** Opening Provided information block **

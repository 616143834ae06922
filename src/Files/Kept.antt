-- ===== src/Files/Kept.antt =====
-- No operation on the attributes of a file doubles a key.
use aaaos_renovation_agent_o.Prelude.{
  ℕ, suc, ◌≡◌, refl, sym, ap, ◌∙◌, subst, ltb→lt, false, none, some, List, [], ◌∷◌, ◌++◌, arith,
  take, length, length-append, ltb, Bool-cases, Option-cases, inl, inr,
}
use aaaos_renovation_agent_o.Params.{streq}
use aaaos_renovation_agent_o.Files.{
  Attr, make_attr, store_value, set_attr, get_attr, del_attr, attr_max,
}
use aaaos_renovation_agent_o.Files.Attrs.{keys, Fresh, Distinct, WellFormed, store_value-none}

length-keys : (as' : List Attr) → length (keys as') ≡ length as'
length-keys [] = refl
length-keys (a ∷ as') = ap suc (length-keys as')

keys-store_value :
    (key v : List ℕ) (as' bs : List Attr) → store_value key v as' ≡ some bs → keys bs ≡ keys as'
unfolding store_value
keys-store_value key v [] bs h = absurd (cc)
keys-store_value key v (a ∷ as') bs h = elim (Bool-cases (streq a.key key)) [
  | inl e ↦
      let b : bs ≡ record a { value = take 15 v } ∷ as' = (let h' = rw e at h in cc) in rw b refl
  | inr e ↦ elim (Option-cases (store_value key v as')) [
    | inl n ↦ absurd (let h' : none ≡ some bs = rw (e, n) at h in cc)
    | inr (cs, n) ↦
        let b : bs ≡ a ∷ cs = (let h' = rw (e, n) at h in cc) in
        rw b (ap (◌∷◌ a.key) (keys-store_value key v as' cs n))
  ]
]

Fresh-append :
    (x : List ℕ) (a : Attr) (as' : List Attr)
    → Fresh x (keys as')
    → streq x a.key ≡ false
    → Fresh x (keys (as' ++ (a ∷ [])))
Fresh-append x a [] d e = (e, tt)
Fresh-append x a (b ∷ as') d e = (d.0, Fresh-append x a as' d.1 e)

Distinct-append :
    (a : Attr) (as' : List Attr)
    → Distinct (keys as')
    → get_attr a.key as' ≡ none
    → Distinct (keys (as' ++ (a ∷ [])))
unfolding get_attr
Distinct-append a [] d h = (tt, tt)
Distinct-append a (b ∷ as') d h = elim (Bool-cases (streq b.key a.key)) [
  | inl e ↦ absurd (let h' : some b.value ≡ none = rw e at h in cc)
  | inr e ↦ (Fresh-append b.key a as' d.0 e, Distinct-append a as' d.1 (rw e at h))
]

Fresh-del_attr :
    (x key : List ℕ) (as' bs : List Attr)
    → Fresh x (keys as')
    → del_attr key as' ≡ some bs
    → Fresh x (keys bs)
unfolding del_attr
Fresh-del_attr x key [] bs d h = absurd (cc)
Fresh-del_attr x key (a ∷ as') bs d h = elim (Bool-cases (streq a.key key)) [
  | inl e ↦ let b : bs ≡ as' = (let h' = rw e at h in cc) in rw b d.1
  | inr e ↦ elim (Option-cases (del_attr key as')) [
    | inl n ↦ absurd (let h' : none ≡ some bs = rw (e, n) at h in cc)
    | inr (cs, n) ↦
        let b : bs ≡ a ∷ cs = (let h' = rw (e, n) at h in cc) in
        rw b (d.0, Fresh-del_attr x key as' cs d.1 n)
  ]
]

pub del_attr-WellFormed :
    (key : List ℕ) (as' bs : List Attr)
    → Distinct (keys as')
    → del_attr key as' ≡ some bs
    → (suc (length bs) ≡ length as') × Distinct (keys bs)
unfolding del_attr
del_attr-WellFormed key [] bs d h = absurd (cc)
del_attr-WellFormed key (a ∷ as') bs d h = elim (Bool-cases (streq a.key key)) [
  | inl e ↦ let b : bs ≡ as' = (let h' = rw e at h in cc) in rw b (refl, d.1)
  | inr e ↦ elim (Option-cases (del_attr key as')) [
    | inl n ↦ absurd (let h' : none ≡ some bs = rw (e, n) at h in cc)
    | inr (cs, n) ↦
        let b : bs ≡ a ∷ cs = (let h' = rw (e, n) at h in cc) in
        let r : (suc (length cs) ≡ length as') × Distinct (keys cs) =
          del_attr-WellFormed key as' cs d.1 n in
        rw b (ap suc r.0, (Fresh-del_attr a.key key as' cs d.0 n, r.1))
  ]
]

pub set_attr-WellFormed :
    (key v : List ℕ) (as' bs : List Attr)
    → take 7 key ≡ key
    → WellFormed as'
    → set_attr key v as' ≡ some bs
    → WellFormed bs
unfolding set_attr
set_attr-WellFormed key v as' bs f d h = elim (Option-cases (store_value key v as')) [
  | inr (cs, n) ↦
      let h' : some cs ≡ some bs = rw n at h in
      let k : keys as' ≡ keys bs = sym (keys-store_value key v as' bs (n ∙ h')) in
      (omega (arith, d.0, length-keys as', length-keys bs, ap length k), subst Distinct k d.1)
  | inl n ↦ elim (Bool-cases (ltb (length as') attr_max)) [
    | inr l ↦ absurd (let h' = rw (n, l) at h in cc)
    | inl l ↦
        let b : bs ≡ as' ++ (make_attr key v ∷ []) = (let h' = rw (n, l) at h in cc) in
        rw b (
          omega (arith, length-append as' (make_attr key v ∷ []), ltb→lt (length as') attr_max l),
          Distinct-append (make_attr key v) as' d.1
              (ap (λ x. get_attr x as') f ∙ store_value-none key v as' n),
        )
  ]
]
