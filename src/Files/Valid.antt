-- ===== src/Files/Valid.antt =====
-- The handlers of kernel/agent_fs.c that write attributes, and the form of what they write.
use aaaos_renovation_agent_o.Prelude.{
  ℕ, suc, ◌≡◌, sym, ap, ◌∙◌, subst, Option, none, some, List, arith, take, length, Bool-cases,
  Option-cases, ◌⊎◌, inl, inr,
}
use aaaos_renovation_agent_o.Params.{param_value}
use aaaos_renovation_agent_o.Text.{codes}
use aaaos_renovation_agent_o.Files.{
  is_regular, Inode, set_attr, del_attr, summary_refresh, set_on, del_on, set_file_attr,
  del_file_attr,
}
use aaaos_renovation_agent_o.Files.Attrs.{keys, Distinct, WellFormed}
use aaaos_renovation_agent_o.Files.Kept.{set_attr-WellFormed, del_attr-WellFormed}
use aaaos_renovation_agent_o.Files.Handlers.{param_value-take, set_on-eq, del_on-eq}

set_on-WellFormed :
    (key v : List ℕ) (ip ip' : Inode)
    → take 7 key ≡ key
    → WellFormed ip.attrs
    → (set_on key v (some ip)).inode ≡ some ip'
    → WellFormed ip'.attrs
unfolding set_on
set_on-WellFormed key v ip ip' f w h = elim (Bool-cases (is_regular ip)) [
  | inr e ↦ absurd (let h' : none ≡ some ip' = rw (set_on, e) at h in cc)
  | inl e ↦ elim (Option-cases (set_attr key v ip.attrs)) [
    | inl n ↦ absurd (let h' : none ≡ some ip' = rw (set_on, e, n) at h in cc)
    | inr (bs, n) ↦
        let q : record (summary_refresh ip) { attrs = bs } ≡ ip' =
          (let h' = sym (ap (λ o. o.inode) (set_on-eq key v ip bs e n)) ∙ h in cc) in
        subst (λ (i : Inode). WellFormed i.attrs) q (set_attr-WellFormed key v ip.attrs bs f w n)
  ]
]

del_on-WellFormed :
    (key : List ℕ) (ip ip' : Inode)
    → WellFormed ip.attrs
    → (del_on key (some ip)).inode ≡ some ip'
    → WellFormed ip'.attrs
unfolding del_on
del_on-WellFormed key ip ip' w h = elim (Option-cases (del_attr key ip.attrs)) [
  | inl n ↦ absurd (let h' : none ≡ some ip' = rw (del_on, n) at h in cc)
  | inr (bs, n) ↦
      let q : record ip { attrs = bs } ≡ ip' =
        (let h' = sym (ap (λ o. o.inode) (del_on-eq key ip bs n)) ∙ h in cc) in
      let r : (suc (length bs) ≡ length ip.attrs) × Distinct (keys bs) =
        del_attr-WellFormed key ip.attrs bs w.1 n in
      subst (λ (i : Inode). WellFormed i.attrs) q (omega (arith, w.0, r.0), r.1)
]

-- A result of set_file_attr is one of set_on.
set_file_attr-on :
    (namei : List ℕ → Option Inode) (params : List ℕ) (ip' : Inode)
    → (set_file_attr namei params).inode ≡ some ip'
    → (path key v : List ℕ) × (param_value params (codes "key") 8 ≡ some key)
      × ((set_on key v (namei path)).inode ≡ some ip')
unfolding set_file_attr
set_file_attr-on namei params ip' h = elim (Option-cases (param_value params (codes "path") 64)) [
  | inl n ↦ absurd (let h' : none ≡ some ip' = rw (set_file_attr, n) at h in cc)
  | inr (path, n) ↦ elim (Option-cases (param_value params (codes "key") 8)) [
    | inl m ↦ absurd (let h' : none ≡ some ip' = (rw (set_file_attr, n, m) at h) in cc)
    | inr (key, m) ↦ elim (Option-cases (param_value params (codes "value") 16)) [
      | inl w ↦ absurd (let h' : none ≡ some ip' = (rw (set_file_attr, n, m, w) at h) in cc)
      | inr (v, w) ↦ (path, key, v, m, (rw (set_file_attr, n, m, w) at h))
    ]
  ]
]

-- A result of del_file_attr is one of del_on.
del_file_attr-on :
    (namei : List ℕ → Option Inode) (params : List ℕ) (ip' : Inode)
    → (del_file_attr namei params).inode ≡ some ip'
    → (path key : List ℕ) × ((del_on key (namei path)).inode ≡ some ip')
unfolding del_file_attr
del_file_attr-on namei params ip' h = elim (Option-cases (param_value params (codes "path") 64)) [
  | inl n ↦ absurd (let h' : none ≡ some ip' = rw (del_file_attr, n) at h in cc)
  | inr (path, n) ↦ elim (Option-cases (param_value params (codes "key") 8)) [
    | inl m ↦ absurd (let h' : none ≡ some ip' = (rw (del_file_attr, n, m) at h) in cc)
    | inr (key, m) ↦ (path, key, (rw (del_file_attr, n, m) at h))
  ]
]

-- The handlers that write attributes keep every inode well-formed, whatever the parameters are: if
-- no inode in the tree has more than INODE_ATTR_MAX attributes or one key twice, then the inode
-- that set_file_attr or del_file_attr writes has not either.
pub attr_handlers-WellFormed :
    (namei : List ℕ → Option Inode) (params : List ℕ) (ip' : Inode)
    → ((path : List ℕ) (ip : Inode) → namei path ≡ some ip → WellFormed ip.attrs)
    → ((set_file_attr namei params).inode ≡ some ip')
      ⊎ ((del_file_attr namei params).inode ≡ some ip')
    → WellFormed ip'.attrs
unfolding set_on del_on
attr_handlers-WellFormed namei params ip' d (inl h) =
    let (path, key, v, m, s) = set_file_attr-on namei params ip' h in
    elim (Option-cases (namei path)) [
      | inl n ↦ absurd (let h' : none ≡ some ip' = rw (set_on, n) at s in cc)
      | inr (ip, n) ↦
          set_on-WellFormed key v ip ip' (param_value-take params (codes "key") key 8 m)
            (d path ip n) (rw n at s)
    ]
attr_handlers-WellFormed namei params ip' d (inr h) =
    let (path, key, s) = del_file_attr-on namei params ip' h in
    elim (Option-cases (namei path)) [
      | inl n ↦ absurd (let h' : none ≡ some ip' = rw (del_on, n) at s in cc)
      | inr (ip, n) ↦ del_on-WellFormed key ip ip' (d path ip n) (rw n at s)
    ]
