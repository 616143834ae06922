-- ===== src/Lease.antt =====
-- File edit leases: agent_proc_lease_begin, _commit and _abort, and the two reapers of
-- kernel/agent.c. The table is agent_global.leases. What namei and ilock find for the path is an
-- argument; ticks are 32-bit, so a deadline does not wrap.
pub mod Inv
pub mod Begin
pub mod Commit
use aaaos_renovation_agent_o.Prelude.{
  ℕ, ◌+◌, Bool, true, false, not, ◌&&◌, ◌||◌, Option, none, some, List, [], ◌∷◌, ltb, leb, ◌==◌,
  if◌then◌else◌, u64, has_bit, map,
}
use aaaos_renovation_agent_o.Proc.{
  Status, ok, bad_param, permission, busy, no_space, Proc, Lease, cap_lease_acquire, cap_patch_file,
  lease_expiry_ticks,
}

-- What the path resolves to: the inode's device and number, and `ip->type == T_FILE`.
pub record Inode : Type 0 where
  pub dev : ℕ
  pub inum : ℕ
  pub is_file : Bool

-- A slot after memset
abbrev pub blank : Lease
blank = record {
  used = false;
  dev = 0;
  inum = 0;
  owner_pid = 0;
  owner_generation = 0;
  lease_id = 0;
  base_version = 0;
  expiry_tick = 0;
}

-- agent_global.leases and agent_global.next_lease_id
pub record Leases : Type 0 where
  pub table : List Lease
  pub next_lease_id : ℕ

-- The loop of agent_lease_reap_expired, which agent_proc_lease_begin runs too.
unfoldable pub reap_expired : ℕ → List Lease → List Lease
reap_expired now [] = []
reap_expired now (l ∷ ls) =
    (if l.used && leb l.expiry_tick now then blank else l) ∷ reap_expired now ls

-- agent_lease_reap_pid
unfoldable pub reap_pid : ℕ → List Lease → List Lease
reap_pid pid [] = []
reap_pid pid (l ∷ ls) = (if l.used && l.owner_pid == pid then blank else l) ∷ reap_pid pid ls

-- A live lease of the inode
unfoldable pub holds : ℕ → ℕ → ℕ → Lease → Bool
holds dev inum now l = l.used && l.dev == dev && l.inum == inum && ltb now l.expiry_tick

-- The loop that looks for one
unfoldable pub is_leased : ℕ → ℕ → ℕ → List Lease → Bool
is_leased dev inum now [] = false
is_leased dev inum now (l ∷ ls) = holds dev inum now l || is_leased dev inum now ls

-- The loop for a free slot, and the assignments to it; `none` where every slot is used.
unfoldable pub place : Lease → List Lease → Option (List Lease)
place new [] = none
place new (l ∷ ls) = elim l.used [
  | false ↦ some (new ∷ ls)
  | true ↦ elim (place new ls) [ none ↦ none | some ls' ↦ some (l ∷ ls') ]
]

-- The lease that is written: `base_version` is the constant 0 of the code.
unfoldable pub grant : Proc → Inode → ℕ → ℕ → Lease
grant p ip id now = record {
  used = true;
  dev = ip.dev;
  inum = ip.inum;
  owner_pid = p.pid;
  owner_generation = p.identity_generation;
  lease_id = id;
  base_version = 0;
  expiry_tick = now + lease_expiry_ticks;
}

-- The state after a search for a slot; `++next_lease_id` runs only if there is one.
abbrev pub placed : List Lease → ℕ → Option (List Lease) → Status × Leases
placed reaped id none = (no_space, record { table = reaped; next_lease_id = id })
placed reaped id (some table) = (ok, record { table = table; next_lease_id = u64 (id + 1) })

-- The part under the global lock
unfoldable pub begin_locked : Proc → Inode → ℕ → Leases → Status × Leases
begin_locked p ip now s =
    let reaped = reap_expired now s.table in
    if is_leased ip.dev ip.inum now reaped
    then (busy, record s { table = reaped })
    else placed reaped s.next_lease_id (place (grant p ip (u64 (s.next_lease_id + 1)) now) reaped)

-- agent_proc_lease_begin; on success `*lease_id` is the new `next_lease_id` and `*base_version` 0.
unfoldable pub lease_begin : Proc → Option Inode → ℕ → Leases → Status × Leases
lease_begin p file now s =
    if not (has_bit cap_lease_acquire p.agent_capabilities)
      && not (has_bit cap_patch_file p.agent_capabilities)
    then (permission, s)
    else elim file [
      | none ↦ (bad_param, s)
      | some ip ↦ if ip.is_file then begin_locked p ip now s else (bad_param, s)
    ]

-- `owner_pid` and `owner_generation` are those of `p`.
unfoldable pub is_owner : Proc → Lease → Bool
is_owner p l = l.owner_pid == p.pid && l.owner_generation == p.identity_generation

-- The decision of agent_proc_lease_commit at the slot it found
unfoldable pub commit_slot : Proc → ℕ → Lease → Status × Lease
unfolding is_owner
commit_slot p now l =
    if not (is_owner p l)
    then (permission, l)
    else if leb l.expiry_tick now
    then (bad_param, l)
    else (ok, blank)

-- The slot that a lease id names
unfoldable pub bears : ℕ → Lease → Bool
bears id l = l.used && l.lease_id == id

-- The search of agent_proc_lease_commit for the first used slot with that id, and what is done there.
unfoldable pub commit_table : Proc → ℕ → ℕ → List Lease → Status × List Lease
commit_table p id now [] = (permission, [])
commit_table p id now (l ∷ ls) = elim (bears id l) [
  | true ↦ let (r, l') = commit_slot p now l in (r, l' ∷ ls)
  | false ↦ let (r, ls') = commit_table p id now ls in (r, l ∷ ls')
]

-- agent_proc_lease_commit; the code does not read `expected_version`.
unfoldable pub lease_commit : Proc → ℕ → ℕ → ℕ → Leases → Status × Leases
lease_commit p id expected_version now s =
    let (r, table) = commit_table p id now s.table in (r, record s { table = table })

-- The loop of agent_proc_lease_abort
unfoldable pub abort_table : Proc → ℕ → List Lease → Status × List Lease
abort_table p id [] = (permission, [])
abort_table p id (l ∷ ls) = elim (bears id l && is_owner p l) [
  | true ↦ (ok, blank ∷ ls)
  | false ↦ let (r, ls') = abort_table p id ls in (r, l ∷ ls')
]

-- agent_proc_lease_abort
unfoldable pub lease_abort : Proc → ℕ → Leases → Status × Leases
lease_abort p id s = let (r, table) = abort_table p id s.table in (r, record s { table = table })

** Closing Provided information block **

[Directions]: Give back, word for word, only the lines above from the line holding "place new [] = none" to the line holding "owner_pid = p.pid;", both included.

[Answer to the problem]:
place new [] = none
place new (l ∷ ls) = elim l.used [
  | false ↦ some (new ∷ ls)
  | true ↦ elim (place new ls) [ none ↦ none | some ls' ↦ some (l ∷ ls') ]
]

-- The lease that is written: `base_version` is the constant 0 of the code.
unfoldable pub grant : Proc → Inode → ℕ → ℕ → Lease
grant p ip id now = record {
  used = true;
  dev = ip.dev;
  inum = ip.inum;
  owner_pid = p.pid;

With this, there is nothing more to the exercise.